• Available data:
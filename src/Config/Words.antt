-- ===== src/Config/Words.antt =====
-- The keys and the values that `rmt_config_print` of common/rmt_config.c writes: each is one word that a
-- configuration file can hold.
use rmt_library.Common.{
  ℕ, zero, suc, ◌+◌, ◌*◌, ◌/◌, ◌%◌, ◌^◌, ◌<◌, ◌≤◌, ◌≡◌, ◌≢◌, refl, ap, Bool, true, false, ◌&&◌, not,
  ◌==◌, some, [], ◌∷◌, Bytes, length, arith, ℤ, pos, negsuc, print_int, print_ℕ, digits, IsInt, ltb,
}
use rmt_library.Strings.{Free}
use rmt_library.Config.{
  Field, interface, domain, switch_interface, log_file, timeout, id, datainfo, devinfo, keepalive,
  name_of, config_mapping, is_skipped, find_field,
}
use rmt_library.Config.Scan.{IsWord}
use rmt_library.Config.Render.{IsKey}

-- ten to the power of a number
abbrev pow10 : ℕ → ℕ
pow10 zero = 1
pow10 (suc k) = 10 * pow10 k

length-digits :
    (fuel n k : ℕ) (out : Bytes) → n < pow10 k → length (digits fuel n out) ≤ length out + k + 1
unfolding digits
length-digits zero n k out h = omega arith
length-digits (suc fuel) n zero out h = ground arith
length-digits (suc fuel) n (suc k) out h =
    ground (arith, length-digits fuel (n / 10) k ((b'0' + n % 10) ∷ out))

digits-IsWord : (fuel n : ℕ) (out : Bytes) → IsWord out → IsWord (digits fuel n out)
unfolding digits
digits-IsWord zero n out h = h
digits-IsWord (suc fuel) n out h =
    ground (arith, h, digits-IsWord fuel (n / 10) ((b'0' + n % 10) ∷ out))

-- a word without a zero that is not empty and shorter than 40 bytes
pub record IsValue (v : Bytes) : Type 0 where
  pub one_word : IsWord v
  pub no_end : Free 0 v
  pub value_some : v ≢ []
  pub short : length v < 40

digits-Free : (fuel n : ℕ) (out : Bytes) → Free 0 out → Free 0 (digits fuel n out)
unfolding digits
digits-Free zero n out h = h
digits-Free (suc fuel) n out h =
    ground (arith, h, digits-Free fuel (n / 10) ((b'0' + n % 10) ∷ out))

length-digits-grow : (fuel n : ℕ) (out : Bytes) → length out ≤ length (digits fuel n out)
unfolding digits
length-digits-grow zero n out = omega arith
length-digits-grow (suc fuel) n out =
    ground (arith, length-digits-grow fuel (n / 10) ((b'0' + n % 10) ∷ out))

digits-ne-nil : (fuel n : ℕ) → digits (suc fuel) n [] ≢ []
unfolding digits
digits-ne-nil fuel n e =
    ground (
      arith,
      ap (λ (l : Bytes). length l) e,
      length-digits-grow fuel (n / 10) ((b'0' + n % 10) ∷ []),
    )

pub print_ℕ-IsValue :
    (n : ℕ)
    → n < 2 ^ 32
    → (IsWord (print_ℕ n)) × (Free 0 (print_ℕ n)) × (print_ℕ n ≢ []) × (length (print_ℕ n) < 39)
unfolding print_ℕ
print_ℕ-IsValue n h = (
  digits-IsWord (suc n) n [] tt,
  digits-Free (suc n) n [] tt,
  digits-ne-nil n n,
  omega (arith, length-digits (suc n) n 10 [] (omega arith)),
)

pub print_int-IsValue : (z : ℤ) → IsInt z → IsValue (print_int z)
unfolding print_int
print_int-IsValue (pos n) h =
    let (w, f, s, l) = print_ℕ-IsValue n (omega arith) in
    record { one_word = w; no_end = f; value_some = s; short = omega arith }
print_int-IsValue (negsuc n) h =
    let (w, f, s, l) = print_ℕ-IsValue (suc n) (omega arith) in
    record { one_word = (refl, w); no_end = (refl, f); value_some = cc; short = omega arith }

-- A test that a text can be a key, to be run on the nine names.
abbrev is_free : ℕ → Bytes → Bool
is_free d [] = true
is_free d (c ∷ s) = not (c == d) && is_free d s

pub is_free_sound : (d : ℕ) (s : Bytes) → is_free d s ≡ true → Free d s
is_free_sound d [] h = tt
is_free_sound d (c ∷ s) h = (ground arith, is_free_sound d s (ground arith))

is_free-IsKey :
    (s : Bytes)
    → (is_free b':' s && (is_free 10 s && (is_free 0 s && (ltb 0 (length s) && ltb (length s) 17))))
      ≡ true
    → is_skipped s ≡ false
    → IsKey s
is_free-IsKey s h k = record {
  key_some = λ e. ground (arith, h, ap (λ (l : Bytes). length l) e);
  no_comment = k;
  no_colon = is_free_sound b':' s (ground arith);
  no_newline = is_free_sound 10 s (ground arith);
  no_end = is_free_sound 0 s (ground arith);
  key_fits = ground arith;
}

pub name_of-IsKey : (f : Field) → IsKey (name_of f) × (length (name_of f) < 17)
name_of-IsKey interface = (is_free-IsKey (name_of interface) refl refl, omega arith)
name_of-IsKey domain = (is_free-IsKey (name_of domain) refl refl, omega arith)
name_of-IsKey switch_interface = (is_free-IsKey (name_of switch_interface) refl refl, omega arith)
name_of-IsKey log_file = (is_free-IsKey (name_of log_file) refl refl, omega arith)
name_of-IsKey timeout = (is_free-IsKey (name_of timeout) refl refl, omega arith)
name_of-IsKey id = (is_free-IsKey (name_of id) refl refl, omega arith)
name_of-IsKey datainfo = (is_free-IsKey (name_of datainfo) refl refl, omega arith)
name_of-IsKey devinfo = (is_free-IsKey (name_of devinfo) refl refl, omega arith)
name_of-IsKey keepalive = (is_free-IsKey (name_of keepalive) refl refl, omega arith)

pub find_field-name_of : (f : Field) → find_field (name_of f) config_mapping ≡ some f
find_field-name_of interface = refl
find_field-name_of domain = refl
find_field-name_of switch_interface = refl
find_field-name_of log_file = refl
find_field-name_of timeout = refl
find_field-name_of id = refl
find_field-name_of datainfo = refl
find_field-name_of devinfo = refl
find_field-name_of keepalive = refl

• Exercise details: All that should be written out is the stretch of lines above between the one holding "is_free d (c" and the one holding "is_free-IsKey s h", inclusive, exactly as given.

• Reply to the exercise:
is_free d (c ∷ s) = not (c == d) && is_free d s

pub is_free_sound : (d : ℕ) (s : Bytes) → is_free d s ≡ true → Free d s
is_free_sound d [] h = tt
is_free_sound d (c ∷ s) h = (ground arith, is_free_sound d s (ground arith))

is_free-IsKey :
    (s : Bytes)
    → (is_free b':' s && (is_free 10 s && (is_free 0 s && (ltb 0 (length s) && ltb (length s) 17))))
      ≡ true
    → is_skipped s ≡ false
    → IsKey s
is_free-IsKey s h k = record {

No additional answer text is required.